┌──

-- ===== src/Lib.antt =====
-- irccd, an IRC bot: the core of its library lib/irccd, parts of its daemon irccd, and its client
-- irccdctl.
--
-- The daemon keeps one connection for each IRC server. A connection dials, reads and writes bytes,
-- cuts the input into lines and parses each into a message. A server handles its messages: it
-- tracks the channels and the users on them, and dispatches events. The bot gives an event to its
-- hooks and to those of its plugins that its rules allow; hooks and templates use text
-- substitution. The daemon takes commands on control connections, which irccdctl sends, and tells
-- the events to the connections that watch.
--
-- Rule models lib/irccd/rule.c: a rule is a record of criteria, each NULL (`none`) or a list of
-- strings; `irc_rule_match` and `irc_rule_matchlist` answer `none` where they read a NULL string.
-- Bot.Rules, Bot.Registry and Bot.Dispatch model lib/irccd/irccd.c: the ordered list of rules
-- (`irc_bot_rule_*`), the registries of servers, plugins and hooks (`irc_bot_*_add`, `_get` and
-- `_remove`), and `irc_bot_dispatch`, whose result is the calls that it makes. Conn models
-- lib/irccd/conn.c. Conn.Message is the parser `irc__conn_msg_*`, Conn.Input the input buffer
-- (`conn_recv`, `conn_next` and the producer), Conn.Output the output buffer (`irc__conn_push`,
-- `conn_send`, `irc_server_send_va`), Conn.Socket the reads, the writes and the watcher over TCP
-- (`conn_tcp_*`, `conn_wait`), and Conn.Dial the endpoints and the states of the connection
-- (`conn_dial`, `conn_connect`, `conn_io_entry`, `irc__conn_ready`). Channel models
-- lib/irccd/channel.c, the users of a channel and their modes. Event has the events of
-- lib/irccd/event.h, and Event.Text the text `irc_event_str` of lib/irccd/event.c. Hook models the
-- arguments of lib/irccd/hook.c. Server models lib/irccd/server.c: its channels and modes,
-- Server.Prefixes the nickname prefixes, Server.Handlers the handlers of messages
-- `irc_server_handle_*`, with PRIVMSG and its CTCP requests in Server.Handlers.Talk, and
-- Server.Requests the texts of the requests that the bot sends. Server.Handlers.Table is the table
-- of handlers with `irc_server_handle` and the loop `irc_server_consumer_entry`, which waits for
-- the end of a whois. Peer models irccd/peer.c: Peer.Rules has RULE-ADD and RULE-EDIT, Peer.Order
-- the other commands on rules, Peer.Servers the requests to a server, Peer.Lists the hooks, the
-- plugins and the lists, and Peer.Table the table of commands, `find`, `invoke` and the lines of a
-- peer. Peer.Numbers reads and prints numbers as strtonum, sscanf and fprintf do. Ctl models
-- irccdctl/irccdctl.c: Ctl.Requests what its commands send, Ctl.Show what `watch` prints, and
-- Ctl.Listing the lines of an answer and the list of rules. Bsearch is bsearch over a table of
-- names, which the daemon, the client and the server use. Conf.Lexer is the lexer `conf_lex_*` of
-- irccd/conf.c: the tokens that it yields are a list, with how it ends; Conf.Parser has the
-- sections of rules and hooks, `conf_parse_rule` and `conf_parse_hook`, and `conf_apply_rules`.
-- Util models `irc_util_split` of lib/irccd/util.c and `parse` of irccd/peer.c. Subst models
-- lib/irccd/subst.c, with the attributes and the output buffer in Subst.Attributes. Unicode models
-- irccd/unicode.c: the conversions at its end, the search of the tables in Unicode.Search, and the
-- classes `uni_is*` and the conversions `uni_to*` in Unicode.Classes, over Unicode.Tables, the
-- tables as they stand in the file. Base has the shared tests, lists, strings, bits and error
-- numbers, and Memory the reads that may fault. The modules below a model prove its theorems, and
-- Witness applies them to concrete inputs.
--
-- A string is the list of its bytes without the NUL, and a pointer that may be NULL is an
-- `Option`. A linked list is the list of its nodes from the head, and a write through a pointer
-- that a search returned is a write to the first node of that key. Numbers are natural numbers:
-- positions and lengths are bounded by the buffers, whose sizes are those of the source (8096 for
-- the input, 65536 for the output, 512 for a message), and the words of lib/irccd/server.c and
-- irccd/unicode.c stay below 2 ^ 32 by their masks. A handler that reads behind `args`, or through
-- NULL, gives `none`, and so does an operation on the list of rules whose assertion fails.
--
-- What is outside the repository, or decided at run time, is an argument: the bytes and errors
-- that a socket answers, the endpoints of a name, the result of loading a plugin, and for a
-- template the environment, the output of a command and the text of `strftime`, and for a CTCP
-- request the nickname of a mask, which a regular expression finds, and the time. For the commands
-- it is what a stream on a buffer holds when it is closed, the options that getopt finds, the search
-- of a plugin, the texts of the error numbers, and those commands that are not modelled.
--
-- Loops over lists are structural. Those over a text that is cut in larger pieces take the length
-- of the text as fuel, since every round takes a byte at least: the arguments of a message, the
-- lines of the input, the attributes, and the loop of `irc_subst`. The retry of a read takes fuel
-- for the number of interruptions, which nothing in the code bounds.
--
-- The searches by halving take the length of their table as fuel, since each round takes at least
-- the row in the middle, or halves what is left; the lines of a peer take the length of the input,
-- the lexer of the configuration that of its text, and a block of criteria the number of its
-- tokens.
--
-- Not modelled: TLS, name resolution, timers, the setters of a server, what a 005 announces beside
-- the prefixes, the details of a whois; of the control connections the options, paths, templates,
-- information and reload of plugins, and the commands that connect, disconnect and describe a
-- server; the sockets; the other sections of the configuration, the log, the loaders of plugins, the
-- JavaScript bindings, and the libraries in extern. Memory is not modelled but where a read or a
-- write leaves an array, or a pointer is NULL or not set.
pub mod Base
pub mod Rule
pub mod Bot
pub mod Unicode
pub mod Conn
pub mod Ctl
pub mod Channel
pub mod Event
pub mod Memory
pub mod Bsearch
pub mod Server
pub mod Util
pub mod Peer
pub mod Hook
pub mod Conf
pub mod Subst
pub mod Witness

└──

[What you should do]:
Start with the line above that contains "-- The searches" and end with the line that contains "-- JavaScript bindings, and". Write out those lines exactly, and only those.

[Written response]:
-- The searches by halving take the length of their table as fuel, since each round takes at least
-- the row in the middle, or halves what is left; the lines of a peer take the length of the input,
-- the lexer of the configuration that of its text, and a block of criteria the number of its
-- tokens.
--
-- Not modelled: TLS, name resolution, timers, the setters of a server, what a 005 announces beside
-- the prefixes, the details of a whois; of the control connections the options, paths, templates,
-- information and reload of plugins, and the commands that connect, disconnect and describe a
-- server; the sockets; the other sections of the configuration, the log, the loaders of plugins, the
-- JavaScript bindings, and the libraries in extern. Memory is not modelled but where a read or a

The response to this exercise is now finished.